Search code examples
pythonnumpyarray-broadcasting

Issue with Numpy brodcasting: implement "two-steps" broadcasting


I would like to compute a Fourier series like

Fourier series

(sorry had to copy a snapshot seems LaTex is not available on Stack Overflow), over a np.meshgrid.

Let us say I define some global variables

TERMS = 5
PERIOD = 1
A_0 = 1
c_nm = np.random.rand(TERMS,TERMS)
n_range = np.arange(0,TERMS, dtype = 'int')
m_range = np.arange(0,TERMS, dtype = 'int')
nn, mm = np.meshgrid(n_range, m_range)

and now, for fixed x and y , I could compute the value of the series in one line

x = 0
y = 0
A_0 + (c_nm*np.sin(nn*x/PERIOD)*np.sin(nn*y/PERIOD)).sum()

the arrays c_nm, nn and mm have all shape (TERMS, TERMS) and I think it works by "vectorising" over said matrices, before I take the sum.

But now, how to wrap this in a function that could vectorise a second time, over a x,y grid?

If I try

x = np.linspace(0,1,10)
y = np.linspace(0,1,10)
xx, yy = np.meshgrid(x,y)
def fourier_series(x,y):
    return A_0 + (c_nm*np.sin(nn*x/PERIOD)*np.sin(nn*y/PERIOD)).sum()

and then try

fourier_series(xx,yy)

attempting to compute over the grid at once, I get the error (understandably)

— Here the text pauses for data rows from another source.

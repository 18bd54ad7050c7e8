-- ===== src/AuthK8s/Decision.antt =====
-- Who is let in by the hook of project/auth_k8s.c, from the environment of its first call on.
use otus_c.Common.{ℕ, ◌-◌, ◌/◌, ◌^◌, ◌≡◌, ◌↔◌, refl, sym, ap, ◌∙◌}
use otus_c.Common.{Bool, true, false, Option, none, some, Option-cases, inl, inr, arith}
use otus_c.Common.{List, ◌∷◌, Text}
use otus_c.AuthK8s.{
  Aton, CidrConfig, is_ip_in_cidr, parse_cidr, KeyValuePair, Metadata, Pod, PodList,
}
use otus_c.AuthK8s.{listed, target_key}
use otus_c.AuthK8s.{empty_cache, Environment, fill_cache, returned, check_pods}
use otus_c.AuthK8s.{cidr_of, decide, auth_k8s_hook, calls_next}
use otus_c.AuthK8s.Cidr.{valid-parse_cidr, IsAddress, Describes, parse_cidr-Describes}
use otus_c.AuthK8s.Search.{First, HasIp, find_pod-First, First-find_pod, Annotated}
use otus_c.AuthK8s.Search.{find_annotation-Annotated, First-find_annotation}
use otus_c.AuthK8s.Checks.{
  check_pods-PodsPassed, decide-CachePassed, decide-check_pods, check_pods-returned,
}

-- What lets a remote host in: the environment names an instance and a network, the client is there,
-- the host's address is in the network, and the first pod with that address is annotated.
pub record Admitted (inet_aton : Aton) (env : Environment) (host : Text) (list : PodList)
    : Type 0 where
  pub id : Text
  pub setting : Text
  pub addr : Text
  pub config : CidrConfig
  pub has_id : env.inst ≡ some id
  pub has_setting : env.cidr ≡ some setting
  pub has_config : parse_cidr inet_aton setting ≡ some (addr, config)
  pub network : Describes inet_aton setting addr config
  pub client : env.incluster ≡ true
  pub address : ℕ
  pub has_address : inet_aton host ≡ some address
  pub inside : address / 2 ^ (32 - network.bits) ≡ network.network / 2 ^ (32 - network.bits)
  pub pods : List Pod
  pub has_pods : list ≡ listed (some pods)
  pub pod : Pod
  pub first_pod : First (HasIp host) pods pod
  pub metadata : Metadata
  pub has_metadata : pod.metadata ≡ some metadata
  pub annotations : List KeyValuePair
  pub has_annotations : metadata.annotations ≡ some annotations
  pub annotated : Annotated (target_key id) annotations

module _ (inet_aton : Aton) (sound : IsAddress inet_aton) (env : Environment) where
  -- A remote host that the first call of the hook authorizes is admitted: the environment names the
  -- instance and a network that the host's address is in, and the first pod with that address has
  -- annotations of which the first with the instance's key says "true". `inet_aton` is taken to
  -- give 32-bit addresses.
  pub hook-Admitted :
      (h : ℕ) (hs : Text) (list : PodList)
      → (auth_k8s_hook inet_aton env empty_cache (some (h ∷ hs)) list).0 ≡ returned true
      → Admitted inet_aton env (h ∷ hs) list
  unfolding auth_k8s_hook fill_cache
  hook-Admitted h hs list e =
      let c = decide-CachePassed inet_aton (fill_cache inet_aton env empty_cache) h hs list e in
      let p = check_pods-PodsPassed c.id (h ∷ hs) list c.pods in
      elim (Option-cases env.cidr) [
        | inl no_setting ↦ cc (c.has_cidr, ap (cidr_of inet_aton) no_setting)
        | inr (setting, f) ↦
            let parsed : parse_cidr inet_aton setting ≡ some (c.addr, c.config) =
              sym (ap (cidr_of inet_aton) f) ∙ c.has_cidr in
            let d = parse_cidr-Describes inet_aton setting c.addr c.config sound parsed in
            elim (Option-cases (inet_aton (h ∷ hs))) [
              | inl no_address ↦ cc (c.inside, d.outside (h ∷ hs) no_address)
              | inr (a, g) ↦ record {
                id = c.id;
                setting = setting;
                addr = c.addr;
                config = c.config;
                has_id = c.has_id;
                has_setting = f;
                has_config = parsed;
                network = d;
                client = c.client;
                address = a;
                has_address = g;
                inside = (d.inside (h ∷ hs) a g).0 c.inside;
                pods = p.pods;
                has_pods = p.has_pods;
                pod = p.pod;
                first_pod = find_pod-First (h ∷ hs) p.pods p.pod p.found;
                metadata = p.metadata;
                has_metadata = p.has_metadata;
                annotations = p.annotations;
                has_annotations = p.has_annotations;
                annotated = find_annotation-Annotated (target_key c.id) p.annotations p.annotated;
              }
            ]
      ]

  -- And every admitted host is authorized by the first call of the hook.
  pub Admitted-hook :
      (h : ℕ) (hs : Text) (list : PodList)
      → Admitted inet_aton env (h ∷ hs) list
      → (auth_k8s_hook inet_aton env empty_cache (some (h ∷ hs)) list).0 ≡ returned true
  unfolding auth_k8s_hook fill_cache
  Admitted-hook h hs list a =
      let cached = ap (cidr_of inet_aton) a.has_setting ∙ a.has_config in
      let in_range = (a.network.inside (h ∷ hs) a.address a.has_address).1 a.inside in
      decide-check_pods inet_aton (fill_cache inet_aton env empty_cache) h hs a.id a.addr a.config
        list a.has_id cached a.network.valid a.client in_range
      ∙ ap (check_pods a.id (h ∷ hs)) a.has_pods
      ∙ check_pods-returned a.id (h ∷ hs) a.pods a.pod a.metadata a.annotations
          (First-find_pod a.first_pod) a.has_metadata a.has_annotations
          (First-find_annotation a.annotated.first a.annotated.says)

-- Once the cache is filled, later changes of the environment change nothing: the hook decides by
-- the environment of its first call.
pub hook_cached :
    (inet_aton : Aton) (env env' : Environment) (host host' : Option Text) (list list' : PodList)
    → let c = (auth_k8s_hook inet_aton env empty_cache host list).1 in
      auth_k8s_hook inet_aton env' c host' list'
      ≡ auth_k8s_hook inet_aton env empty_cache host' list'
unfolding auth_k8s_hook fill_cache
hook_cached inet_aton env env' host host' list list' = refl

-- A connection with no remote host is authorized exactly if the environment names an instance and
-- a network that can be read; the pods do not matter.
pub hook_local :
    (inet_aton : Aton) (env : Environment) (list : PodList)
    → ((auth_k8s_hook inet_aton env empty_cache none list).0 ≡ returned true) ↔ (
        (id : Text) × (setting : Text) × (addr : Text) × (config : CidrConfig) × (env.inst
          ≡ some id)
        × (env.cidr ≡ some setting)
        × (parse_cidr inet_aton setting ≡ some (addr, config)))
unfolding auth_k8s_hook fill_cache decide
hook_local inet_aton env list = (
  λ e. elim (Option-cases env.inst) [
    | inl f ↦ absurd (ground (arith, e, f))
    | inr (id, f) ↦ elim (Option-cases env.cidr) [
      | inl g ↦ absurd (ground (arith, e, f, g))
      | inr (setting, g) ↦ elim (Option-cases (parse_cidr inet_aton setting)) [
        | inl k ↦ absurd (ground (arith, e, f, g, k))
        | inr ((addr, config), k) ↦ (id, setting, addr, config, f, g, k)
      ]
    ]
  ],
  λ (id, setting, addr, config, f, g, k).
      let v = valid-parse_cidr inet_aton setting addr config k in ground (arith, f, g, k, v),
)

-- A list of pods with no items lets a host of the network pass: the hook neither refuses it nor
-- calls the next hook.
pub hook_no_items :
    (inet_aton : Aton) (env : Environment) (h : ℕ) (hs id setting addr : Text) (config : CidrConfig)
    → env.inst ≡ some id
    → env.cidr ≡ some setting
    → parse_cidr inet_aton setting ≡ some (addr, config)
    → env.incluster ≡ true
    → is_ip_in_cidr inet_aton (h ∷ hs) config ≡ true
    → (has_prev : Bool)
    → let v = (auth_k8s_hook inet_aton env empty_cache (some (h ∷ hs)) (listed none)).0 in
      (v ≡ returned false) × (calls_next has_prev v ≡ false)
unfolding auth_k8s_hook fill_cache check_pods calls_next
hook_no_items inet_aton env h hs id setting addr config a b c d e has_prev =
    let cached = ap (cidr_of inet_aton) b ∙ c in
    let passed =
      decide-check_pods inet_aton (fill_cache inet_aton env empty_cache) h hs id addr config
        (listed none) a cached (valid-parse_cidr inet_aton setting addr config c) d e in
    (passed, ap (calls_next has_prev) passed)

operands could not be broadcast together with shapes (5,5) (10,10) 

Now I think I see what is going on, but this is not of course what I am looking for. The computation over the arrays c_nm, nn and mm should be somehow done first, as an inner step, and only then the fourier_series(xx,yy) should operate on the x,y grid.

Of course, I would also like not to have global variables such as TERMS, nn, mm lying around and I would like TERMS to be an input to the function and nn, mm built internally, but I am stuck even before this.

Any hints please? Thanks


Solution

  • You want to compute 4 implicit nested rows. So you need 4 axes.

    Pseudo code of what you want

    for y in np.linspace(0,1,10):
        for x in np.linspace(0,1,10):
            A[y,x] = A_0
            for n in range(TERMS):
                for m in range(TERMS):
                    A[y,x] += c_nm*np.sin(nn*x/PERIOD)*np.sin(nn*y/PERIOD)
    

    So, for that just decide which axis to use for each variable, and use broadcasting.

    Note that there is no need of meshgrid for that (there is almost never a need for meshgrid; 95% of tutorials on internet that use meshgrid shouldn't. Broadcasting does the job. And with less memory and cpu usage most of the time).

    y=np.linspace(0,1,10)[:,None,None,None]
    x=np.linspace(0,1,10)[None,:,None,None]
    n=np.arange(TERMS)[None,None,:,None]
    m=np.arange(TERMS)[None,None,None,:]
    A=A_0 + (c_nm[None,None,:,:]*np.sin(m*x/PERIOD)*np.sin(n*y/PERIOD)).sum(axis=(2,3))
    

    Note that here, if we had used meshgrid (which would be possible, just meshgrid(y,x,n_range,m_range) from your variables would create 4d-grids), then all intermediary result would have been 4d, and all intermediary computation would have been done in 4d.) For example m*x would have been TERMS×TERMS×10×10 multiplication. When here, it is only TERMS×10 multiplications. Then TERMS×10 division by period instead of TERMS×TERMS×10×10. Then TERMS×10 sin. etc.

    Likewise, in your single x,y working version, your usage of meshgrid for nn and mm means that np.sin(nn*x/PERIOD) computes TERMS² multiplication, then TERMS² divisions, then TERMS² sin. When they are redundant, since nn contains TERMS times the same thing. With broadcasting, those operations are done only TERMS times (the strict minimum needed, for all TERMS different values). And int would be only when combining both sin and cos (for which there are TERMS² combinations of n and m values) that computations becomes 2D.

    So, bottom line: you almost never need meshgrid. Each time you want to use meshgrid, ask yourself if you couldn't achieve the same result with broadcast. And almost always, the answer is "yes, and it reduces the computation and memory".